As with any recipe there are many variations. I got this one from Mikey. 
	

	
	
		
		



		
			






Using russett taters, I rubbed the skins with EVOO and then placed them in the smoker. They were smoked until they reached an IT of 195. I then sliced them in half lenghthwise, scooped out the inside carefully. The insides were mixed with sour cream, butter, cheddar cheese, sliced green onion and bacon. The filling was then mounded back in the taters, sprinkled with more cheddar cheese and bacon. Then back in the smoker for about 30-45 minutes to heat up.



They got a 3 out of 4 
	

	
	
		
		



		
		
	


	





. One of my sons doesn't like sour cream or green onion. 
	

	
	
		
		



		
		
	


	





  I will definitely be making these again.


----------



## ronp (Mar 23, 2009)

Great looking taters, yummo.


----------



## ol' smokey (Mar 23, 2009)

Dawn I wish I had taste-o-vision on here, super good lookin.

Points to ya


----------



## fired up (Mar 23, 2009)

Nice job Dawn!


----------



## erain (Mar 23, 2009)

very nice!!!  love them twice baked!!! Great job


----------



## grothe (Mar 23, 2009)

Those look great Dawn!!!


----------



## wutang (Mar 23, 2009)

Those looks great. I can't believe I haven't made any yet. Good job.


----------



## mikey (Mar 23, 2009)

*Dawn, the taters look fantastic.

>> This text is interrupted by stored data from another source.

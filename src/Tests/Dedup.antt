-- ===== src/Tests/Dedup.antt =====
-- Runs of src/core/dedup-manager.ts.
use cross_tab_worker_databus.Base.{
  ℕ, ◌≤◌, ◌≡◌, refl, true, none, some, List, [], ◌∷◌, arith, length,
}
use cross_tab_worker_databus.Base.JsMap.{UniqueKeys}
use cross_tab_worker_databus.Base.JsString.{Text, text, text_has_eq}
use cross_tab_worker_databus.Dedup.Manager.{Options, init}
use cross_tab_worker_databus.Dedup.Bounded.{Call, is_duplicate_call, sweep, run, run-init-bounded}
use cross_tab_worker_databus.Dedup.History.{
  Publication, suppressions, verdicts, suppressions-verdicts,
}

abbrev options : Options
options = record {
  enabled = true;
  max_entries = 2;
  ttl_ms = 100;
  adaptive_bounds = none;
  sweep_ms = none;
}

abbrev publication : Text → ℕ → Publication
publication id at = record { id = id; topic = text "t"; at = at }

abbrev publications : List Publication
publications = publication (text "x") 1 ∷ publication (text "x") 5 ∷ publication (text "x") 200 ∷ []

suppressions-verdicts_example :
    suppressions (init options (some 0)) publications ≡ verdicts 2 100 [] publications
suppressions-verdicts_example =
    suppressions-verdicts options 0 publications refl refl (omega arith)
      (refl, omega arith, (refl, omega arith, (refl, omega arith, tt)))

abbrev calls : List Call
calls =
    is_duplicate_call (some 1) (some 1) (text "x") (text "t")
    ∷ sweep (some 300) none
    ∷ is_duplicate_call none (some 301) (text "y") (text "t")
    ∷ []

run-init-bounded_example :
    (length (run (init options (some 0)) calls).seen_message_ids ≤ 2)
    × UniqueKeys (run (init options (some 0)) calls).seen_message_ids
run-init-bounded_example = run-init-bounded options (some 0) calls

I should say that I got the recipe (if my memory is correct) from T-Bone Tim. I had it bookmarked but it must have gone bye bye due to technical difficulties. Thanks for mentioning me, but I'd like to give credit where credit is due. *


----------



## jdt (Mar 24, 2009)

wow those look great, adding to my must do list


----------